NO! You CANNOT store every possible combination of 8 bits in a bash variable. No. Don't even try it. Even if you think you've found "the trick" I assure you you've...Read more »
while [ 1 ]
read -n 1 byte < /dev/ttyUSB0
while [ 1 ]
read -n 1 byte
done < /dev/ttyUSB0
Friggin code worked great. Friggin blacklink powered fine. Friggin weird voltages on PL2303 and HIN213 work fine. Friggin inverted-logic for RS-232 levels worked fine. Friggin bypassing RS232 levels worked fine. Friggin current-draw from a handshake line worked fine. Friggin 5V source creating 2.5V highs right at the HIN213' threshold worked fine. Friggin 8V battery worked fine. I'm sure I'm forgetting a friggin lot of friggin things I friggin tried.
Friggin 9600baud worked fine. Friggin 300 baud worked fine. Friggin 19200 baud had one measly bit error. Looks like the only test i tried that wouldn't've worked was 75 baud.
Put the friggin' pipe on the friggin' while loop, not on friggin read.
This explains it pretty clearly /for a file/: https://stackoverflow.com/questions/58829941/i-o-redirection-in-a-while-loop
And, I think, were I writing it for a file, I'd've thought of it like that... I've certainly, in the past /written/ it like that, for files and strings, using the <<< redirector...
So why would I've expected differently with a serial port?

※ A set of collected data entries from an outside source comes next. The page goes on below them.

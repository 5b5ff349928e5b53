-- ===== src/Pci.antt =====
-- pci.c: which identifier of a driver matches a device, and the table of wrappers that give the host's
-- devices the shape of `struct pci_dev`. A host device is read through the fields that the code uses. The
-- name that `snprintf` formats is not modelled.
pub mod Drivers
pub mod Match
pub mod Wrap
use lcompat.Base.{
  ℕ, suc, ◌+◌, ◌-◌, ◌*◌, ◌%◌, ◌^◌, ◌||◌, ◌&&◌, not, Bool, true, false, Option, none, some, List, [],
  ◌∷◌, map, ltb, ◌==◌, if◌then◌else◌,
}
use lcompat.Base.Words.{uint_max, add_u64, sub_u64}
use Prim.Native.Nat.{bit_and}

-- `struct pci_device_id`
pub record PciDeviceId : Type 0 where
  pub vendor : ℕ
  pub device : ℕ
  pub subvendor : ℕ
  pub subdevice : ℕ
  pub class_code : ℕ
  pub class_mask : ℕ

-- A base address register of a host device.
pub record Bar : Type 0 where
  pub address : ℕ
  pub size : ℕ
  pub mmio : Bool
  pub prefetchable : Bool

-- The host's `pci_device_t`; `ptr` is its address.
pub record Native : Type 0 where
  pub ptr : ℕ
  pub vendor_id : ℕ
  pub device_id : ℕ
  pub subsystem_vendor_id : ℕ
  pub subsystem_device_id : ℕ
  pub class_code : ℕ
  pub revision_id : ℕ
  pub irq_line : ℕ
  pub segment : ℕ
  pub bus : ℕ
  pub slot : ℕ
  pub func : ℕ
  pub bars : List Bar

-- `PCI_ANY_ID`
abbrev pub any_id : ℕ
any_id = uint_max

-- The condition of the loop: an identifier that is not all zero.
unfoldable pub goes_on : PciDeviceId → Bool
goes_on id =
    not (id.vendor == 0)
    || not (id.device == 0)
    || not (id.subvendor == 0)
    || not (id.subdevice == 0)
    || not (id.class_mask == 0)

-- The body of the loop: false is `continue`, true is `return id`.
unfoldable pub matches : PciDeviceId → Native → Bool
matches id n =
    if not (id.vendor == any_id) && not (id.vendor == n.vendor_id)
    then false
    else if not (id.device == any_id) && not (id.device == n.device_id)
    then false
    else if not (id.subvendor == any_id) && not (id.subvendor == n.subsystem_vendor_id)
    then false
    else if not (id.subdevice == any_id) && not (id.subdevice == n.subsystem_device_id)
    then false
    else not (
        not (id.class_mask == 0)
        && not (bit_and n.class_code id.class_mask == bit_and id.class_code id.class_mask))

-- The loop of `lcompat_pci_match_one`; the outer `none` is a read past the end of the table.
unfoldable pub match_loop : List PciDeviceId → Native → Option (Option PciDeviceId)
match_loop [] n = none
match_loop (id ∷ ids) n =
    let rest = match_loop ids n in
    if not (goes_on id) then some none else if matches id n then some (some id) else rest

-- `lcompat_pci_match_one`, `none` for a NULL table or device
unfoldable pub match_one : Option (List PciDeviceId) → Option Native → Option (Option PciDeviceId)
match_one none n = some none
match_one (some ids) none = some none
match_one (some ids) (some n) = match_loop ids n

-- `struct resource`; the flags are IORESOURCE_MEM (else IORESOURCE_IO), IORESOURCE_PREFETCH and
-- IORESOURCE_UNSET.
pub record Resource : Type 0 where
  pub start : ℕ
  pub end : ℕ
  pub mem : Bool
  pub prefetch : Bool
  pub unset : Bool

-- The body of the loop over the registers.
unfoldable pub resource_of : Bar → Resource
resource_of b = record {
  start = b.address;
  end = if b.size == 0 then b.address else sub_u64 (add_u64 b.address b.size) 1;
  mem = b.mmio;
  prefetch = b.prefetchable;
  unset = b.size == 0;
}

-- `pci_resource_len` of a device that is there
unfoldable pub pci_resource_len : Resource → ℕ
pci_resource_len r = if ltb r.end r.start then 0 else add_u64 (sub_u64 r.end r.start) 1

-- `struct pci_dev` and its `struct pci_bus`, as far as `lcompat_pci_wrap` sets them.
pub record PciDev : Type 0 where
  pub domain_nr : ℕ
  pub bus_number : ℕ
  pub vendor : ℕ
  pub device : ℕ
  pub subsystem_vendor : ℕ
  pub subsystem_device : ℕ
  pub revision : ℕ
  pub class_code : ℕ
  pub devfn : ℕ
  pub irq : ℕ
  pub resource : List Resource

-- `PCI_DEVFN`
abbrev pub pci_devfn : ℕ → ℕ → ℕ
pci_devfn slot func = slot % 32 * 8 + func % 8

-- The copied fields, in their widths of 8, 16 and 32 bits.
unfoldable pub dev_of : Native → PciDev
unfolding resource_of
dev_of n = record {
  domain_nr = n.segment % 2 ^ 16;
  bus_number = n.bus % 2 ^ 8;
  vendor = n.vendor_id % 2 ^ 16;
  device = n.device_id % 2 ^ 16;
  subsystem_vendor = n.subsystem_vendor_id % 2 ^ 16;
  subsystem_device = n.subsystem_device_id % 2 ^ 16;
  revision = n.revision_id % 2 ^ 8;
  class_code = n.class_code % 2 ^ 32;
  devfn = pci_devfn n.slot n.func;
  irq = n.irq_line % 2 ^ 8;
  resource = map resource_of n.bars;
}

-- `lcompat_pci_wrapper_t`
pub record Wrapper : Type 0 where
  pub used : Bool
  pub native : Native
  pub dev : PciDev

-- The first loop of `lcompat_pci_wrap`: the entry that the device has, from index `i` on.
unfoldable pub find_used : (i : ℕ) → List Wrapper → ℕ → Option ℕ
find_used i [] ptr = none
find_used i (w ∷ ws) ptr =
    let rest = find_used (i + 1) ws ptr in if w.used && w.native.ptr == ptr then some i else rest

-- An entry as the second loop fills it.
unfoldable pub filled : Native → Wrapper
unfolding dev_of
filled n = record { used = true; native = n; dev = dev_of n }

-- The second loop: the first free entry is filled.
unfoldable pub fill_free : (i : ℕ) → List Wrapper → Native → Option (ℕ × List Wrapper)
unfolding filled
fill_free i [] n = none
fill_free i (w ∷ ws) n =
    let rest = fill_free (i + 1) ws n in
    if not w.used
    then some (i, filled n ∷ ws)
    else (elim rest [ none ↦ none | some r ↦ some (r.0, w ∷ r.1) ])

-- `lcompat_pci_wrap`: the index of the device's entry and the table, `none` for NULL
unfoldable pub wrap : List Wrapper → Option Native → Option (ℕ × List Wrapper)
wrap ws none = none
wrap ws (some n) = elim (find_used 0 ws n.ptr) [ some i ↦ some (i, ws) | none ↦ fill_free 0 ws n ]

The device node is designed to look like a file. Heh!
Now, I guess, this again is where stty might play a role... and maybe IFS?

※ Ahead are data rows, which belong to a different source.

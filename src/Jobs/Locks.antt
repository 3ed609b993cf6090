-- ===== src/Jobs/Locks.antt =====
-- `active_locks_` seen as a map from drives to the jobs that hold them.
use drive_lab.Prelude.{
  ℕ, suc, ◌≡◌, refl, none, some, List, [], ◌∷◌, length, if◌then◌else◌, arith, ap, inl, inr,
  Bool-cases,
}
use drive_lab.Drive.{DriveId, id_eq}
use drive_lab.Drive.Identity.{id_eq_iff}
use drive_lab.Jobs.{Lock, lock_owner, set_lock, erase_lock}

-- No drive has two locks.
abbrev pub KeysDistinct : List Lock → Type 0
KeysDistinct [] = Unit
KeysDistinct (l ∷ ls) = (lock_owner l.key ls ≡ none) × KeysDistinct ls

pub lock_owner-set :
    (d e : DriveId) (id : ℕ) (ls : List Lock)
    → lock_owner e (set_lock d id ls) ≡ (if id_eq d e then some id else lock_owner e ls)
unfolding lock_owner set_lock
lock_owner-set d e id [] = refl
lock_owner-set d e id (l ∷ ls) =
    ground (arith, id_eq_iff d e, id_eq_iff l.key d, id_eq_iff l.key e, lock_owner-set d e id ls)

pub lock_owner-erase :
    (d e : DriveId) (ls : List Lock)
    → KeysDistinct ls
    → lock_owner e (erase_lock d ls) ≡ (if id_eq d e then none else lock_owner e ls)
unfolding lock_owner erase_lock
lock_owner-erase d e [] k = ground arith
lock_owner-erase d e (l ∷ ls) k =
    ground (arith, id_eq_iff d e, id_eq_iff l.key d, id_eq_iff l.key e, lock_owner-erase d e ls)

pub length-set_lock :
    (d : DriveId) (id : ℕ) (ls : List Lock)
    → lock_owner d ls ≡ none
    → length (set_lock d id ls) ≡ suc (length ls)
unfolding lock_owner set_lock
length-set_lock d id [] h = refl
length-set_lock d id (l ∷ ls) h = ground (arith, length-set_lock d id ls)

pub length-erase_lock :
    (d : DriveId) (ls : List Lock) (id : ℕ)
    → lock_owner d ls ≡ some id
    → suc (length (erase_lock d ls)) ≡ length ls
unfolding lock_owner erase_lock
length-erase_lock d [] id h = ground arith
length-erase_lock d (l ∷ ls) id h = ground (arith, length-erase_lock d ls id)

pub KeysDistinct-set :
    (d : DriveId) (id : ℕ) (ls : List Lock) → KeysDistinct ls → KeysDistinct (set_lock d id ls)
unfolding set_lock
KeysDistinct-set d id [] k = (unfold lock_owner in refl, tt)
KeysDistinct-set d id (l ∷ ls) k = elim (Bool-cases (id_eq l.key d)) [
  | inl hit ↦ rw hit (ground (arith, id_eq_iff l.key d, ap (λ e. lock_owner e ls)), k.1)
  | inr miss ↦ rw miss (
    ground (arith, lock_owner-set d l.key id ls, id_eq_iff d l.key, id_eq_iff l.key d),
    KeysDistinct-set d id ls k.1,
  )
]

pub KeysDistinct-erase :
    (d : DriveId) (ls : List Lock) → KeysDistinct ls → KeysDistinct (erase_lock d ls)
unfolding erase_lock
KeysDistinct-erase d [] k = tt
KeysDistinct-erase d (l ∷ ls) k = ground (
  arith,
  KeysDistinct-erase d ls,
  lock_owner-erase d l.key ls,
  id_eq_iff d l.key,
  id_eq_iff l.key d,
)
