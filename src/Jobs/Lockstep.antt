-- ===== src/Jobs/Lockstep.antt =====
-- The jobs and the locks of jobs/job_manager.cpp: the invariant that relates them.
pub mod Parts
pub mod Keeps
use drive_lab.Prelude.{
  ℕ, suc, ◌+◌, ◌<◌, ◌≤◌, ◌≡◌, refl, ap, ◌∙◌, ◌≢◌, ◌⊎◌, inl, inr, Bool, true, false, Option, none,
  some, List, [], ◌∷◌, ◌++◌, ◌==◌, length, count_if, count_if-append, if◌then◌else◌, arith,
  Bool-cases, Option-cases,
}
use drive_lab.Drive.{DriveId, Drive, id_eq}
use drive_lab.Drive.Identity.{id_eq_iff}
use drive_lab.Mode.{ExecutionMode}
use drive_lab.Jobs.{
  JobRecord, JobState, Lock, queued, running, is_live, lock_owner, set_lock, erase_lock, find_job,
  write_job,
}
use drive_lab.Jobs.Find.{
  Distinct, tally, find_job-id, find_job-write, find_job-append_some, find_job-append_none,
  Distinct-write, Distinct-append, count-write,
}
use drive_lab.Jobs.Locks.{
  KeysDistinct, lock_owner-set, lock_owner-erase, length-set_lock, length-erase_lock,
  KeysDistinct-set, KeysDistinct-erase,
}
use drive_lab.Jobs.Launch.{released}
use drive_lab.Jobs.Moves.{
  Board, Same, Move, record_job, launch, leave, carry_on, finish, Moves, here, after,
}

-- Some live job with this id works on this drive.
abbrev pub Works : List JobRecord → ℕ → DriveId → Type 0
Works js id d =
    (j : JobRecord) × (find_job id js ≡ some j) × (is_live j.state ≡ true) × (j.drive_id ≡ d)

pub record InStep (limit : ℕ) (b : Board) : Type 0 where
  pub fresh : (k : ℕ) → b.next ≤ k → find_job k b.jobs ≡ none
  pub distinct : Distinct b.jobs
  pub keys : KeysDistinct b.locks
  pub held :
      (k : ℕ) (j : JobRecord)
      → find_job k b.jobs ≡ some j
      → is_live j.state ≡ true
      → lock_owner j.drive_id b.locks ≡ some k
  pub owned : (d : DriveId) (id : ℕ) → lock_owner d b.locks ≡ some id → Works b.jobs id d
  pub bounded : length b.locks ≤ limit
  pub counted : count_if (λ j. is_live j.state) b.jobs ≡ length b.locks
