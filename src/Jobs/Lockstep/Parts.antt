-- ===== src/Jobs/Lockstep/Parts.antt =====
-- How appending a job, or writing one, changes what the invariant speaks of.
use drive_lab.Prelude.{
  ℕ, ◌+◌, ◌≤◌, ◌≡◌, ap, ◌∙◌, inl, inr, true, false, none, some, List, [], ◌∷◌, ◌++◌, ◌==◌, count_if,
  count_if-append, if◌then◌else◌, arith, Bool-cases, Option-cases,
}
use drive_lab.Drive.{DriveId}
use drive_lab.Jobs.{JobRecord, Lock, is_live, lock_owner, find_job, write_job}
use drive_lab.Jobs.Find.{
  tally, find_job-id, find_job-write, find_job-append_some, find_job-append_none, count-write,
}
use drive_lab.Jobs.Moves.{Board, Same}
use drive_lab.Jobs.Lockstep.{Works}

-- The part of the invariant that does not depend on what is done to the locks.
module _ (b : Board) (j j' : JobRecord) (found : find_job j.id b.jobs ≡ some j)
    (same : Same j j') where
  unfoldable pub written : List JobRecord
  written = write_job j.id j' b.jobs

  pub find-written :
      (k : ℕ) → find_job k written ≡ (if j.id == k then some j' else find_job k b.jobs)
  unfolding written
  find-written k = find_job-write j.id k j' b.jobs j found same.same_id

  pub written-fresh :
      (next : ℕ)
      → ((k : ℕ) → next ≤ k → find_job k b.jobs ≡ none)
      → (k : ℕ) → next ≤ k
      → find_job k written ≡ none
  written-fresh next h k le = ground (arith, find-written k, h k)

  pub written-count :
      count_if (λ i. is_live i.state) written + tally (is_live j.state)
      ≡ count_if (λ i. is_live i.state) b.jobs + tally (is_live j'.state)
  unfolding written
  written-count = count-write (λ i. is_live i.state) j.id j' b.jobs j found

  -- A live job stays live: the locks stay in step.
  pub carry_on-held :
      (ls : List Lock)
      → is_live j.state ≡ true
      → ((k : ℕ) (i : JobRecord)
          → find_job k b.jobs ≡ some i
          → is_live i.state ≡ true
          → lock_owner i.drive_id ls ≡ some k)
      → (k : ℕ) (i : JobRecord) → find_job k written ≡ some i
      → is_live i.state ≡ true
      → lock_owner i.drive_id ls ≡ some k
  carry_on-held ls l h k i f a = ground (
    arith,
    find-written k,
    h k i,
    h j.id j found l,
    ap (λ (d : DriveId). lock_owner d ls) same.same_drive,
  )

  pub carry_on-owned :
      (d : DriveId) (id : ℕ) → is_live j'.state ≡ true → Works b.jobs id d → Works written id d
  carry_on-owned d id l (i, f, a, e) = elim (Bool-cases (j.id == id)) [
    | inl hit ↦ (
      j',
      ground (arith, find-written id),
      l,
      ground (arith, ap (λ (k : ℕ). find_job k b.jobs) (find_job-id id b.jobs i f)),
    )
    | inr miss ↦ (i, ground (arith, find-written id), a, e)
  ]

  -- A job that was not live: nothing that works is lost.
  pub idle-owned :
      (d : DriveId) (id : ℕ) → is_live j.state ≡ false → Works b.jobs id d → Works written id d
  idle-owned d id l (i, f, a, e) = (
    i,
    ground (
      arith,
      find-written id,
      find_job-id id b.jobs i f,
      ap (λ (k : ℕ). find_job k b.jobs) (find_job-id id b.jobs i f),
    ),
    a,
    e,
  )

  pub idle-held :
      (ls : List Lock)
      → is_live j'.state ≡ false
      → ((k : ℕ) (i : JobRecord)
          → find_job k b.jobs ≡ some i
          → is_live i.state ≡ true
          → lock_owner i.drive_id ls ≡ some k)
      → (k : ℕ) (i : JobRecord) → find_job k written ≡ some i
      → is_live i.state ≡ true
      → lock_owner i.drive_id ls ≡ some k
  idle-held ls l h k i f a = ground (arith, find-written k, h k i)

module _ (b : Board) (j : JobRecord) (new : find_job j.id b.jobs ≡ none) where
  pub append-held :
      (ls : List Lock)
      → is_live j.state ≡ false
      → ((k : ℕ) (i : JobRecord)
          → find_job k b.jobs ≡ some i
          → is_live i.state ≡ true
          → lock_owner i.drive_id ls ≡ some k)
      → (k : ℕ) (i : JobRecord) → find_job k (b.jobs ++ (j ∷ [])) ≡ some i
      → is_live i.state ≡ true
      → lock_owner i.drive_id ls ≡ some k
  append-held ls l h k i f a = elim (Option-cases (find_job k b.jobs)) [
    | inl e ↦ ground (arith, find_job-append_none k b.jobs j)
    | inr (i', e) ↦ ground (arith, find_job-append_some k b.jobs j i', h k i)
  ]

  pub append-owned : (d : DriveId) (id : ℕ) → Works b.jobs id d → Works (b.jobs ++ (j ∷ [])) id d
  append-owned d id (i, f, a, e) = (i, find_job-append_some id b.jobs j i f, a, e)

  pub append-count :
      is_live j.state ≡ false
      → count_if (λ i. is_live i.state) (b.jobs ++ (j ∷ []))
        ≡ count_if (λ i. is_live i.state) b.jobs
  append-count l =
      count_if-append (λ (i : JobRecord). is_live i.state) b.jobs (j ∷ [])
      ∙ unfold count_if in rw l (omega arith)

Unlike a file, the serial port device node isn't static. If you read the first byte in that "file" it will be different each time. Right? And you can't exactly seek the twentieth byte, then go back and seek the first. Right?
So, I guess, I thought the serial port was different.

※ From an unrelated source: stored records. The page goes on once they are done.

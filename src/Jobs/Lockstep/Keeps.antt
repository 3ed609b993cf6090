-- ===== src/Jobs/Lockstep/Keeps.antt =====
-- The invariant of jobs and locks under each move of jobs/job_manager.cpp.
use drive_lab.Prelude.{
  ℕ, suc, ◌<◌, ◌≡◌, ap, ◌∙◌, inl, inr, true, false, none, some, [], ◌∷◌, ◌++◌, length, arith,
  Bool-cases,
}
use drive_lab.Drive.{DriveId, id_eq}
use drive_lab.Drive.Identity.{id_eq_iff}
use drive_lab.Mode.{ExecutionMode}
use drive_lab.Jobs.{
  World, JobRecord, is_live, lock_owner, set_lock, erase_lock, find_job, write_job,
}
use drive_lab.Jobs.Find.{find_job-id, find_job-append_none, Distinct-write, Distinct-append}
use drive_lab.Jobs.Locks.{
  lock_owner-set, lock_owner-erase, length-set_lock, length-erase_lock, KeysDistinct-set,
  KeysDistinct-erase,
}
use drive_lab.Jobs.Launch.{released}
use drive_lab.Jobs.Moves.{
  Board, Same, Move, record_job, launch, leave, carry_on, finish, Moves, here, after,
}
use drive_lab.Jobs.Lockstep.{Works, InStep}
use drive_lab.Jobs.Lockstep.Parts.{
  written, find-written, written-fresh, written-count, carry_on-held, carry_on-owned, idle-owned,
  idle-held, append-held, append-owned, append-count,
}

module _ (limit : ℕ) (b c : Board) (v : InStep limit b) where
  record_job-InStep :
      (j : JobRecord)
      → j.id ≡ b.next
      → is_live j.state ≡ false
      → c.next ≡ suc b.next
      → c.jobs ≡ b.jobs ++ (j ∷ [])
      → c.locks ≡ b.locks
      → InStep limit c
  record_job-InStep j n l en ej el = record {
    fresh = λ k le. rw ej (ground (arith, v.fresh k, find_job-append_none k b.jobs j));
    distinct = rw ej (Distinct-append b.jobs j (v.fresh j.id (omega arith)) v.distinct);
    keys = rw el v.keys;
    held = rw (ej, el) (append-held b j (v.fresh j.id (omega arith)) b.locks l v.held);
    owned =
        rw (ej, el) (λ d id e. append-owned b j (v.fresh j.id (omega arith)) d id (v.owned d id e));
    bounded = rw el v.bounded;
    counted = rw (ej, el) (append-count b j (v.fresh j.id (omega arith)) l ∙ v.counted);
  }

  module _ (j j' : JobRecord) (found : find_job j.id b.jobs ≡ some j) (same : Same j j')
      (en : c.next ≡ b.next) (ej : c.jobs ≡ write_job j.id j' b.jobs) where
    carry_on-InStep :
        is_live j.state ≡ true → is_live j'.state ≡ true → c.locks ≡ b.locks → InStep limit c
    unfolding written
    carry_on-InStep l l' el = record {
      fresh = λ k le. rw ej (written-fresh b j j' found same b.next v.fresh k (omega arith));
      distinct = rw ej (Distinct-write j.id j' b.jobs same.same_id v.distinct);
      keys = rw el v.keys;
      held = rw (ej, el) (carry_on-held b j j' found same b.locks l v.held);
      owned = rw (ej, el) (λ d id e. carry_on-owned b j j' found same d id l' (v.owned d id e));
      bounded = rw el v.bounded;
      counted = rw (ej, el) (ground (arith, written-count b j j' found same, v.counted));
    }

    leave-InStep :
        is_live j.state ≡ false → is_live j'.state ≡ false → c.locks ≡ b.locks → InStep limit c
    unfolding written
    leave-InStep l l' el = record {
      fresh = λ k le. rw ej (written-fresh b j j' found same b.next v.fresh k (omega arith));
      distinct = rw ej (Distinct-write j.id j' b.jobs same.same_id v.distinct);
      keys = rw el v.keys;
      held = rw (ej, el) (idle-held b j j' found same b.locks l' v.held);
      owned = rw (ej, el) (λ d id e. idle-owned b j j' found same d id l (v.owned d id e));
      bounded = rw el v.bounded;
      counted = rw (ej, el) (ground (arith, written-count b j j' found same, v.counted));
    }

    released_lem :
        is_live j.state ≡ true → released j.drive_id j.id b.locks ≡ erase_lock j.drive_id b.locks
    unfolding released
    released_lem l = ground (arith, v.held j.id j found l)

    finish-held :
        is_live j'.state ≡ false
        → is_live j.state ≡ true
        → (k : ℕ) (i : JobRecord) → find_job k (write_job j.id j' b.jobs) ≡ some i
        → is_live i.state ≡ true
        → lock_owner i.drive_id (erase_lock j.drive_id b.locks) ≡ some k
    unfolding written
    finish-held l' l k i f a = ground (
      arith,
      find-written b j j' found same k,
      v.held k i,
      v.held j.id j found l,
      lock_owner-erase j.drive_id i.drive_id b.locks v.keys,
      id_eq_iff j.drive_id i.drive_id,
    )

    finish-owned :
        is_live j.state ≡ true
        → (d : DriveId) (id : ℕ) → lock_owner d (erase_lock j.drive_id b.locks) ≡ some id
        → Works (write_job j.id j' b.jobs) id d
    unfolding written
    finish-owned l d id e =
        let kept : lock_owner d b.locks ≡ some id =
          ground (arith, lock_owner-erase j.drive_id d b.locks v.keys) in
        let other : id_eq j.drive_id d ≡ false =
          ground (arith, lock_owner-erase j.drive_id d b.locks v.keys) in
        let (i, f, a, p) = v.owned d id kept in
        (
          i,
          ground (
            arith,
            find-written b j j' found same id,
            id_eq_iff j.drive_id d,
            ap (λ (k : ℕ). find_job k b.jobs) (find_job-id id b.jobs i f),
          ),
          a,
          p,
        )

    finish-InStep :
        is_live j.state ≡ true
        → is_live j'.state ≡ false
        → c.locks ≡ released j.drive_id j.id b.locks
        → InStep limit c
    unfolding written
    finish-InStep l l' el' =
        let el : c.locks ≡ erase_lock j.drive_id b.locks = el' ∙ released_lem l in
        record {
          fresh = λ k le. rw ej (written-fresh b j j' found same b.next v.fresh k (omega arith));
          distinct = rw ej (Distinct-write j.id j' b.jobs same.same_id v.distinct);
          keys = rw el (KeysDistinct-erase j.drive_id b.locks v.keys);
          held = rw (ej, el) (finish-held l' l);
          owned = rw (ej, el) (finish-owned l);
          bounded = rw el (
              omega (
                arith,
                length-erase_lock j.drive_id b.locks j.id (v.held j.id j found l),
                v.bounded,
              ));
          counted =
              rw (ej, el)
                (ground (
                  arith,
                  written-count b j j' found same,
                  v.counted,
                  length-erase_lock j.drive_id b.locks j.id (v.held j.id j found l),
                ));
        }

    launch-held :
        is_live j.state ≡ false
        → lock_owner j.drive_id b.locks ≡ none
        → (k : ℕ) (i : JobRecord) → find_job k (write_job j.id j' b.jobs) ≡ some i
        → is_live i.state ≡ true
        → lock_owner i.drive_id (set_lock j.drive_id j.id b.locks) ≡ some k
    unfolding written
    launch-held l free k i f a = ground (
      arith,
      find-written b j j' found same k,
      v.held k i,
      lock_owner-set j.drive_id i.drive_id j.id b.locks,
      id_eq_iff j.drive_id i.drive_id,
    )

    launch-owned :
        is_live j.state ≡ false
        → is_live j'.state ≡ true
        → (d : DriveId) (id : ℕ) → lock_owner d (set_lock j.drive_id j.id b.locks) ≡ some id
        → Works (write_job j.id j' b.jobs) id d
    unfolding written
    launch-owned l l' d id e = elim (Bool-cases (id_eq j.drive_id d)) [
      | inl hit ↦ (
        j',
        ground (arith, find-written b j j' found same id, lock_owner-set j.drive_id d j.id b.locks),
        l',
        ground (arith, id_eq_iff j.drive_id d),
      )
      | inr miss ↦
          idle-owned b j j' found same d id l
            (v.owned d id (ground (arith, lock_owner-set j.drive_id d j.id b.locks)))
    ]

    launch-InStep :
        is_live j.state ≡ false
        → is_live j'.state ≡ true
        → lock_owner j.drive_id b.locks ≡ none
        → length b.locks < limit
        → c.locks ≡ set_lock j.drive_id j.id b.locks
        → InStep limit c
    unfolding written
    launch-InStep l l' free room el = record {
      fresh = λ k le. rw ej (written-fresh b j j' found same b.next v.fresh k (omega arith));
      distinct = rw ej (Distinct-write j.id j' b.jobs same.same_id v.distinct);
      keys = rw el (KeysDistinct-set j.drive_id j.id b.locks v.keys);
      held = rw (ej, el) (launch-held l free);
      owned = rw (ej, el) (launch-owned l l');
      bounded = rw el (omega (arith, length-set_lock j.drive_id j.id b.locks free));
      counted =
          rw (ej, el)
            (ground (
              arith,
              written-count b j j' found same,
              v.counted,
              length-set_lock j.drive_id j.id b.locks free,
            ));
    }

-- Every move keeps jobs and locks in step.
pub Move-InStep :
    {w : World} {mode : ExecutionMode} {limit : ℕ} {b c : Board}
    → Move w mode limit b c
    → InStep limit b
    → InStep limit c
Move-InStep {limit = limit} {b} {c} (record_job j n w _ _ en ej el) v =
    record_job-InStep limit b c v j n (ground arith) en ej el
Move-InStep {limit = limit} {b} {c} (launch j j' _ f s q r _ free room en ej el) v =
    launch-InStep limit b c v j j' f s en ej (ground arith) (ground arith) free room el
Move-InStep {limit = limit} {b} {c} (leave j j' f s q o en ej el) v =
    leave-InStep limit b c v j j' f s en ej (ground arith) (ground arith) el
Move-InStep {limit = limit} {b} {c} (carry_on j j' f s q r en ej el) v =
    carry_on-InStep limit b c v j j' f s en ej q r el
Move-InStep {limit = limit} {b} {c} (finish j j' f s q o en ej el) v =
    finish-InStep limit b c v j j' f s en ej q (ground arith) el

-- So does every sequence of moves.
pub Moves-InStep :
    {w : World} {mode : ExecutionMode} {limit : ℕ} {b c : Board}
    → Moves w mode limit b c
    → InStep limit b
    → InStep limit c
Moves-InStep here v = v
Moves-InStep (after p m) v = Move-InStep m (Moves-InStep p v)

But, now that I think about it, redirection of stdin is a bit more like reading a serial port than reading a file... stdin isn't seekable, either. Right?
Maybe, maybe, you could treat a "line" as seekable, as though each /line/ is a temporary file... but, mostly, one reads that entire line in one go, then processes its bytes/words/whatever afterwards.
So, again, I guess this may be where stty and IFS may play a role. When one accesses stdin for a read, or redirects a file or serial port to stdin for a read, what exactly happens?
A normal 'read' call would halt the script while the user typed... until they hit Enter, (IFS, right?). Then the 'read' would be solely responsible for processing /all/ of what the user typed in that time. Another call to 'read', then, wouldn't process whatever was left-over from the last read, it would wait for an entirely new line to be entered.
So, probably, with default stty settings on a serial port, it would do the same. Duh.
It gets confusing with read -n1, because, now I recall doing similar in the past, it doesn't follow its normal rules.
Normally read reads each word (separated by space) into each variable name supplied, e.g:
$ read var1 var2 var3
Will store three sequential words into the three variables. BUT, it says it /also/ stores anything remaining in the last var... So, if you enter four words, var3 will contain the third AND fourth words.
OK. So better to write it:
$ read var1 var2 var3 varExcess
And, just don't use varExcess if you don't care.
Now, logically, from that explanation, say we just wanted to grab one byte:
$ read -n1 char1 excess
Sould put the first byte into char1, and any remaining bytes (up to Enter, per IFS, right?) into excess...
But, I don't see that happening. The variable 'excess' is always empty.
Maybe it's to do with my initial testing, which only sent one character every half-second... But, per default stty settings, it should've waited at that read until it received Enter... which, of course, my test never sent. BUT it /didn't/ wait for Enter, or else it'd've never finished that first 'read' and would've appeared frozen.